[Records excerpted from a collection]
-- Opening Marker --
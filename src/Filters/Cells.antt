-- ===== src/Filters/Cells.antt =====
-- kolla_ansible/nova_filters.py.
use Prim.Native.Char.{code}
use text.Mathlib.Text.{starts_with}
use irnmn.Prelude.{
  String, Bool, true, false, not, ◌&&◌, ◌||◌, ◌==◌, nat_eq, leb, all, is_blank, List, [], ◌∷◌, map,
  select, Option, none, some, ◌&◌, if◌then◌else◌,
}
use irnmn.Text.{ends_with}
use irnmn.Text.Split.{split_all}
use irnmn.Effect.{Result, ok, err, external}

-- A service definition; `haproxy` is empty where the definition has none.
pub record CellService (H R : Type 0) : Type 0 where
  pub haproxy : List (String × H)
  pub other_entries : R

abbrev pub namespace : String → String → String
namespace cell_name name = if is_blank cell_name then name else name & "_" & cell_name

abbrev pub namespace_keys : {A : Type 0} → String → List (String × A) → List (String × A)
namespace_keys cell_name entries = map (λ entry. (namespace cell_name entry.0, entry.1)) entries

abbrev pub namespace_service : {H R : Type 0} → String → CellService H R → CellService H R
namespace_service cell_name service = record {
  haproxy = namespace_keys cell_name service.haproxy;
  other_entries = service.other_entries;
}

unfoldable pub namespace_haproxy_for_cell :
    {H R : Type 0} → List (String × CellService H R) → String → List (String × CellService H R)
namespace_haproxy_for_cell services cell_name =
    map (λ entry. (entry.0, namespace_service cell_name entry.1))
      (namespace_keys cell_name services)

-- The groups of a matched line.
pub record CellMatch : Type 0 where
  pub cell_name : Option String
  pub cell_uuid : String
  pub cell_message_queue : String
  pub cell_database : String
  pub cell_disabled : String

-- `[0-9a-f-]*`
abbrev pub is_uuid : String → Bool
is_uuid String.[] = true
is_uuid (String.◌∷◌ c s) =
    (leb 48 (code c) && leb (code c) 57
      || leb 97 (code c) && leb (code c) 102
      || nat_eq (code c) 45)
    && is_uuid s

abbrev pub are_bars : List String → Bool
are_bars words = all (λ word. word == "|") words

abbrev pub if_match : Bool → CellMatch → Option CellMatch
if_match true cell = some cell
if_match false cell = none

-- The pattern on the words between the spaces; the name may be left out.
abbrev pub match_words : List String → Option CellMatch
match_words (b0 ∷ name ∷ b1 ∷ uuid ∷ b2 ∷ queue ∷ b3 ∷ database ∷ b4 ∷ disabled ∷ b5 ∷ []) =
    if_match (are_bars (b0 ∷ b1 ∷ b2 ∷ b3 ∷ b4 ∷ b5 ∷ []) && is_uuid uuid) (record {
      cell_name = some name;
      cell_uuid = uuid;
      cell_message_queue = queue;
      cell_database = database;
      cell_disabled = disabled;
    })
match_words (b0 ∷ b1 ∷ uuid ∷ b2 ∷ queue ∷ b3 ∷ database ∷ b4 ∷ disabled ∷ b5 ∷ []) =
    if_match (are_bars (b0 ∷ b1 ∷ b2 ∷ b3 ∷ b4 ∷ b5 ∷ []) && is_uuid uuid) (record {
      cell_name = none;
      cell_uuid = uuid;
      cell_message_queue = queue;
      cell_database = database;
      cell_disabled = disabled;
    })
match_words words = none

-- A line without a name has two spaces or more after the first bar.
abbrev pub check_spaces : String → Option CellMatch → Option CellMatch
check_spaces line none = none
check_spaces line (some cell) = elim cell.cell_name [
  | none ↦ if starts_with line "|  " then some cell else none
  | some name ↦ some cell
]

-- `p.match(line)`: no space comes before the first bar or after the last one.
unfoldable pub match_cell : String → Option CellMatch
unfolding split_all
match_cell line =
    if starts_with line "|" && ends_with "|" line
    then check_spaces line (match_words (select (λ word. not (is_blank word)) (split_all 32 line)))
    else none

abbrev pub name_of : CellMatch → String
name_of cell = elim cell.cell_name [ none ↦ "" | some name ↦ name ]

abbrev pub add_if_named : String → Option CellMatch → List CellMatch → List CellMatch
add_if_named cell_name none cells = cells
add_if_named cell_name (some cell) cells = if name_of cell == cell_name then cell ∷ cells else cells

-- The loop over the lines.
unfoldable pub cells_named : String → List String → List CellMatch
unfolding match_cell
cells_named cell_name [] = []
cells_named cell_name (line ∷ rest) =
    add_if_named cell_name (match_cell line) (cells_named cell_name rest)

abbrev pub only_cell : String → List CellMatch → Result (Option CellMatch)
only_cell cell_name [] = ok none
only_cell cell_name (cell ∷ []) = ok (some cell)
only_cell cell_name (cell ∷ other ∷ rest) =
    err (external ("Cell: " & cell_name & " has duplicates. Manual cleanup required."))

unfoldable pub extract_cell : List String → String → Result (Option CellMatch)
unfolding cells_named
extract_cell stdout_lines cell_name = only_cell cell_name (cells_named cell_name stdout_lines)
-- Closing Marker --
**Requirement**: Set down all of the data above again, exactly.

**Result of the exercise**:
filename src/Filters/Cells.antt
-- ===== src/Filters/Cells.antt =====
-- kolla_ansible/nova_filters.py.
use Prim.Native.Char.{code}
use text.Mathlib.Text.{starts_with}
use irnmn.Prelude.{
  String, Bool, true, false, not, ◌&&◌, ◌||◌, ◌==◌, nat_eq, leb, all, is_blank, List, [], ◌∷◌, map,
  select, Option, none, some, ◌&◌, if◌then◌else◌,
}
use irnmn.Text.{ends_with}
use irnmn.Text.Split.{split_all}
use irnmn.Effect.{Result, ok, err, external}

-- A service definition; `haproxy` is empty where the definition has none.
pub record CellService (H R : Type 0) : Type 0 where
  pub haproxy : List (String × H)
  pub other_entries : R

abbrev pub namespace : String → String → String
namespace cell_name name = if is_blank cell_name then name else name & "_" & cell_name

abbrev pub namespace_keys : {A : Type 0} → String → List (String × A) → List (String × A)
namespace_keys cell_name entries = map (λ entry. (namespace cell_name entry.0, entry.1)) entries

abbrev pub namespace_service : {H R : Type 0} → String → CellService H R → CellService H R
namespace_service cell_name service = record {
  haproxy = namespace_keys cell_name service.haproxy;
  other_entries = service.other_entries;
}

unfoldable pub namespace_haproxy_for_cell :
    {H R : Type 0} → List (String × CellService H R) → String → List (String × CellService H R)
namespace_haproxy_for_cell services cell_name =
    map (λ entry. (entry.0, namespace_service cell_name entry.1))
      (namespace_keys cell_name services)

-- The groups of a matched line.
pub record CellMatch : Type 0 where
  pub cell_name : Option String
  pub cell_uuid : String
  pub cell_message_queue : String
  pub cell_database : String
  pub cell_disabled : String

-- `[0-9a-f-]*`
abbrev pub is_uuid : String → Bool
is_uuid String.[] = true
is_uuid (String.◌∷◌ c s) =
    (leb 48 (code c) && leb (code c) 57
      || leb 97 (code c) && leb (code c) 102
      || nat_eq (code c) 45)
    && is_uuid s

abbrev pub are_bars : List String → Bool
are_bars words = all (λ word. word == "|") words

abbrev pub if_match : Bool → CellMatch → Option CellMatch
if_match true cell = some cell
if_match false cell = none

-- The pattern on the words between the spaces; the name may be left out.
abbrev pub match_words : List String → Option CellMatch
match_words (b0 ∷ name ∷ b1 ∷ uuid ∷ b2 ∷ queue ∷ b3 ∷ database ∷ b4 ∷ disabled ∷ b5 ∷ []) =
    if_match (are_bars (b0 ∷ b1 ∷ b2 ∷ b3 ∷ b4 ∷ b5 ∷ []) && is_uuid uuid) (record {
      cell_name = some name;
      cell_uuid = uuid;
      cell_message_queue = queue;
      cell_database = database;
      cell_disabled = disabled;
    })
match_words (b0 ∷ b1 ∷ uuid ∷ b2 ∷ queue ∷ b3 ∷ database ∷ b4 ∷ disabled ∷ b5 ∷ []) =
    if_match (are_bars (b0 ∷ b1 ∷ b2 ∷ b3 ∷ b4 ∷ b5 ∷ []) && is_uuid uuid) (record {
      cell_name = none;
      cell_uuid = uuid;
      cell_message_queue = queue;
      cell_database = database;
      cell_disabled = disabled;
    })
match_words words = none

-- A line without a name has two spaces or more after the first bar.
abbrev pub check_spaces : String → Option CellMatch → Option CellMatch
check_spaces line none = none
check_spaces line (some cell) = elim cell.cell_name [
  | none ↦ if starts_with line "|  " then some cell else none
  | some name ↦ some cell
]

-- `p.match(line)`: no space comes before the first bar or after the last one.
unfoldable pub match_cell : String → Option CellMatch
unfolding split_all
match_cell line =
    if starts_with line "|" && ends_with "|" line
    then check_spaces line (match_words (select (λ word. not (is_blank word)) (split_all 32 line)))
    else none

abbrev pub name_of : CellMatch → String
name_of cell = elim cell.cell_name [ none ↦ "" | some name ↦ name ]

abbrev pub add_if_named : String → Option CellMatch → List CellMatch → List CellMatch
add_if_named cell_name none cells = cells
add_if_named cell_name (some cell) cells = if name_of cell == cell_name then cell ∷ cells else cells

-- The loop over the lines.
unfoldable pub cells_named : String → List String → List CellMatch
unfolding match_cell
cells_named cell_name [] = []
cells_named cell_name (line ∷ rest) =
    add_if_named cell_name (match_cell line) (cells_named cell_name rest)

abbrev pub only_cell : String → List CellMatch → Result (Option CellMatch)
only_cell cell_name [] = ok none
only_cell cell_name (cell ∷ []) = ok (some cell)
only_cell cell_name (cell ∷ other ∷ rest) =
    err (external ("Cell: " & cell_name & " has duplicates. Manual cleanup required."))

unfoldable pub extract_cell : List String → String → Result (Option CellMatch)
unfolding cells_named
extract_cell stdout_lines cell_name = only_cell cell_name (cells_named cell_name stdout_lines)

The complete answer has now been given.